### EXERCISE BRIEF
Return all of the entries below exactly as they are given.

______

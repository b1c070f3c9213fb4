-- ===== src/Config/Size/Bounds.antt =====
-- Which sizes are read, and when reading one panics.
use native.Mathlib.Nat.{div-mul-le_self, mul-le-mul_right}
use joyrun.Base.{
  ℕ, zero, suc, ◌+◌, ◌*◌, ◌-◌, ◌/◌, ◌^◌, ◌≤◌, ◌≡◌, refl, Bool, true, false, ◌&&◌, Option, none,
  some, [], ◌∷◌, nat_eq, arith, inl, inr, Bool-cases, map, any,
}
use joyrun.Base.Text.{Text, text_eq, get_entry}
use joyrun.Base.Strings.{trim_space, trim_left, trim_right, upper, to_upper, is_space}
use joyrun.Base.Numbers.{parse_digits, digits_from, below}
use joyrun.Config.Size.{
  Size, is_panic, kelvin, fold, multiplier, is_unit, cut_digits, starts_positive, max_int64, scaled,
  parse_parts, parse_byte_size,
}

digits_from-ge : (n : ℕ) (s : Text) {v : ℕ} → digits_from n s ≡ some v → n ≤ v
unfolding digits_from
digits_from-ge n [] {v} h = ground arith
digits_from-ge n (c ∷ s) {v} h = ground (arith, digits_from-ge (n * 10 + (c - b'0')) s {v = v})

parse_digits-positive :
    (s : Text) {v : ℕ} → starts_positive s ≡ true → parse_digits s ≡ some v → 1 ≤ v
unfolding parse_digits digits_from
parse_digits-positive [] {v} h e = ground arith
parse_digits-positive (c ∷ s) {v} h e =
    ground (arith, digits_from-ge (0 * 10 + (c - b'0')) s {v = v})

scaled-bounds :
    (o : Option ℕ) (m : ℕ) {n : ℕ}
    → ((v : ℕ) → o ≡ some v → 1 ≤ v)
    → scaled o m ≡ Size.size n
    → (1 ≤ n) × (n ≤ max_int64)
scaled-bounds none m {n} pos h = ground arith
scaled-bounds (some v) zero {n} pos h = ground arith
scaled-bounds (some v) (suc m) {n} pos h = ground (
  arith,
  div-mul-le_self max_int64 (suc m),
  mul-le-mul_right {m = v} {n = max_int64 / suc m} (suc m),
  mul-le-mul_right {m = 1} {n = v} (suc m),
  pos v refl,
)

-- A size that ParseByteSize reads is at least one byte and fits a signed 64-bit integer: the product
-- with the unit does not overflow.
pub parse_byte_size-bounds :
    (raw : Text) {n : ℕ} → parse_byte_size raw ≡ Size.size n → (1 ≤ n) × (n ≤ max_int64)
unfolding parse_byte_size
parse_byte_size-bounds raw {n} h = go (cut_digits (trim_space raw)) h
  where
    go : (p : Text × Text) → parse_parts p ≡ Size.size n → (1 ≤ n) × (n ≤ max_int64)
    go (digits, unit) h = elim (Bool-cases (starts_positive digits && is_unit unit)) [
      | inl e ↦
          scaled-bounds (below (2 ^ 63) (parse_digits digits)) (multiplier (to_upper unit))
            (λ v k. parse_digits-positive digits (ground arith) (ground arith)) (ground arith)
      | inr e ↦ ground arith
    ]

abbrev NoKelvin : Text → Type 0
NoKelvin s = any (nat_eq kelvin) s ≡ false

trim_left-NoKelvin : (s : Text) → NoKelvin s → NoKelvin (trim_left s)
unfolding trim_left
trim_left-NoKelvin [] h = h
trim_left-NoKelvin (c ∷ s) h = ground (arith, trim_left-NoKelvin s)

trim_right-NoKelvin : (p : ℕ → Bool) (s : Text) → NoKelvin s → NoKelvin (trim_right p s)
unfolding trim_right
trim_right-NoKelvin p [] h = h
trim_right-NoKelvin p (c ∷ s) h = ground (arith, trim_right-NoKelvin p s)

cut_digits-NoKelvin : (s : Text) → NoKelvin s → NoKelvin (cut_digits s).1
unfolding cut_digits
cut_digits-NoKelvin [] h = h
cut_digits-NoKelvin (c ∷ s) h = ground (arith, cut_digits-NoKelvin s)

fold-upper : (s : Text) → NoKelvin s → map fold s ≡ map upper s
fold-upper [] h = refl
fold-upper (c ∷ s) h = ground (arith, fold-upper s)

multiplier-positive :
    (unit : Text)
    → NoKelvin unit
    → is_unit unit ≡ true
    → nat_eq (multiplier (to_upper unit)) 0 ≡ false
unfolding is_unit multiplier to_upper get_entry
multiplier-positive unit h u = ground (arith, fold-upper unit h)

scaled-no_panic : (o : Option ℕ) (m : ℕ) → nat_eq m 0 ≡ false → is_panic (scaled o m) ≡ false
scaled-no_panic none m h = refl
scaled-no_panic (some v) zero h = ground arith
scaled-no_panic (some v) (suc m) h = ground arith

-- ParseByteSize panics on no text without the sign for kelvin, U+212A.
pub parse_byte_size-no_panic :
    (raw : Text) → any (nat_eq kelvin) raw ≡ false → is_panic (parse_byte_size raw) ≡ false
unfolding parse_byte_size trim_space
parse_byte_size-no_panic raw h = go (cut_digits (trim_space raw)) (
    cut_digits-NoKelvin (trim_space raw)
      (trim_right-NoKelvin is_space (trim_left raw) (trim_left-NoKelvin raw h)))
  where
    go : (p : Text × Text) → NoKelvin p.1 → is_panic (parse_parts p) ≡ false
    go (digits, unit) k = elim (Bool-cases (starts_positive digits && is_unit unit)) [
      | inl e ↦ rw e (
          scaled-no_panic (below (2 ^ 63) (parse_digits digits)) _
            (multiplier-positive unit k (ground arith)))
      | inr e ↦ rw e refl
    ]

-- ParseByteSize panics on every digit from 1 to 9 with the sign for kelvin behind it: the regular
-- expression takes the sign for a "K" and the table of units has no entry for it.
pub parse_byte_size-kelvin :
    (c : ℕ) → starts_positive (c ∷ []) ≡ true → parse_byte_size (c ∷ kelvin ∷ []) ≡ Size.panics
unfolding parse_byte_size trim_space trim_left trim_right is_space cut_digits is_unit multiplier
    to_upper get_entry parse_digits digits_from text_eq upper
parse_byte_size-kelvin c h = ground arith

______

### RESULT BELOW
repository b1c070f3c9213fb4
-- ===== src/Config/Size/Bounds.antt =====
-- Which sizes are read, and when reading one panics.
use native.Mathlib.Nat.{div-mul-le_self, mul-le-mul_right}
use joyrun.Base.{
  ℕ, zero, suc, ◌+◌, ◌*◌, ◌-◌, ◌/◌, ◌^◌, ◌≤◌, ◌≡◌, refl, Bool, true, false, ◌&&◌, Option, none,
  some, [], ◌∷◌, nat_eq, arith, inl, inr, Bool-cases, map, any,
}
use joyrun.Base.Text.{Text, text_eq, get_entry}
use joyrun.Base.Strings.{trim_space, trim_left, trim_right, upper, to_upper, is_space}
use joyrun.Base.Numbers.{parse_digits, digits_from, below}
use joyrun.Config.Size.{
  Size, is_panic, kelvin, fold, multiplier, is_unit, cut_digits, starts_positive, max_int64, scaled,
  parse_parts, parse_byte_size,
}

digits_from-ge : (n : ℕ) (s : Text) {v : ℕ} → digits_from n s ≡ some v → n ≤ v
unfolding digits_from
digits_from-ge n [] {v} h = ground arith
digits_from-ge n (c ∷ s) {v} h = ground (arith, digits_from-ge (n * 10 + (c - b'0')) s {v = v})

parse_digits-positive :
    (s : Text) {v : ℕ} → starts_positive s ≡ true → parse_digits s ≡ some v → 1 ≤ v
unfolding parse_digits digits_from
parse_digits-positive [] {v} h e = ground arith
parse_digits-positive (c ∷ s) {v} h e =
    ground (arith, digits_from-ge (0 * 10 + (c - b'0')) s {v = v})

scaled-bounds :
    (o : Option ℕ) (m : ℕ) {n : ℕ}
    → ((v : ℕ) → o ≡ some v → 1 ≤ v)
    → scaled o m ≡ Size.size n
    → (1 ≤ n) × (n ≤ max_int64)
scaled-bounds none m {n} pos h = ground arith
scaled-bounds (some v) zero {n} pos h = ground arith
scaled-bounds (some v) (suc m) {n} pos h = ground (
  arith,
  div-mul-le_self max_int64 (suc m),
  mul-le-mul_right {m = v} {n = max_int64 / suc m} (suc m),
  mul-le-mul_right {m = 1} {n = v} (suc m),
  pos v refl,
)

-- A size that ParseByteSize reads is at least one byte and fits a signed 64-bit integer: the product
-- with the unit does not overflow.
pub parse_byte_size-bounds :
    (raw : Text) {n : ℕ} → parse_byte_size raw ≡ Size.size n → (1 ≤ n) × (n ≤ max_int64)
unfolding parse_byte_size
parse_byte_size-bounds raw {n} h = go (cut_digits (trim_space raw)) h
  where
    go : (p : Text × Text) → parse_parts p ≡ Size.size n → (1 ≤ n) × (n ≤ max_int64)
    go (digits, unit) h = elim (Bool-cases (starts_positive digits && is_unit unit)) [
      | inl e ↦
          scaled-bounds (below (2 ^ 63) (parse_digits digits)) (multiplier (to_upper unit))
            (λ v k. parse_digits-positive digits (ground arith) (ground arith)) (ground arith)
      | inr e ↦ ground arith
    ]

abbrev NoKelvin : Text → Type 0
NoKelvin s = any (nat_eq kelvin) s ≡ false

trim_left-NoKelvin : (s : Text) → NoKelvin s → NoKelvin (trim_left s)
unfolding trim_left
trim_left-NoKelvin [] h = h
trim_left-NoKelvin (c ∷ s) h = ground (arith, trim_left-NoKelvin s)

trim_right-NoKelvin : (p : ℕ → Bool) (s : Text) → NoKelvin s → NoKelvin (trim_right p s)
unfolding trim_right
trim_right-NoKelvin p [] h = h
trim_right-NoKelvin p (c ∷ s) h = ground (arith, trim_right-NoKelvin p s)

cut_digits-NoKelvin : (s : Text) → NoKelvin s → NoKelvin (cut_digits s).1
unfolding cut_digits
cut_digits-NoKelvin [] h = h
cut_digits-NoKelvin (c ∷ s) h = ground (arith, cut_digits-NoKelvin s)

fold-upper : (s : Text) → NoKelvin s → map fold s ≡ map upper s
fold-upper [] h = refl
fold-upper (c ∷ s) h = ground (arith, fold-upper s)

multiplier-positive :
    (unit : Text)
    → NoKelvin unit
    → is_unit unit ≡ true
    → nat_eq (multiplier (to_upper unit)) 0 ≡ false
unfolding is_unit multiplier to_upper get_entry
multiplier-positive unit h u = ground (arith, fold-upper unit h)

scaled-no_panic : (o : Option ℕ) (m : ℕ) → nat_eq m 0 ≡ false → is_panic (scaled o m) ≡ false
scaled-no_panic none m h = refl
scaled-no_panic (some v) zero h = ground arith
scaled-no_panic (some v) (suc m) h = ground arith

-- ParseByteSize panics on no text without the sign for kelvin, U+212A.
pub parse_byte_size-no_panic :
    (raw : Text) → any (nat_eq kelvin) raw ≡ false → is_panic (parse_byte_size raw) ≡ false
unfolding parse_byte_size trim_space
parse_byte_size-no_panic raw h = go (cut_digits (trim_space raw)) (
    cut_digits-NoKelvin (trim_space raw)
      (trim_right-NoKelvin is_space (trim_left raw) (trim_left-NoKelvin raw h)))
  where
    go : (p : Text × Text) → NoKelvin p.1 → is_panic (parse_parts p) ≡ false
    go (digits, unit) k = elim (Bool-cases (starts_positive digits && is_unit unit)) [
      | inl e ↦ rw e (
          scaled-no_panic (below (2 ^ 63) (parse_digits digits)) _
            (multiplier-positive unit k (ground arith)))
      | inr e ↦ rw e refl
    ]

-- ParseByteSize panics on every digit from 1 to 9 with the sign for kelvin behind it: the regular
-- expression takes the sign for a "K" and the table of units has no entry for it.
pub parse_byte_size-kelvin :
    (c : ℕ) → starts_positive (c ∷ []) ≡ true → parse_byte_size (c ∷ kelvin ∷ []) ≡ Size.panics
unfolding parse_byte_size trim_space trim_left trim_right is_space cut_digits is_unit multiplier
    to_upper get_entry parse_digits digits_from text_eq upper
parse_byte_size-kelvin c h = ground arith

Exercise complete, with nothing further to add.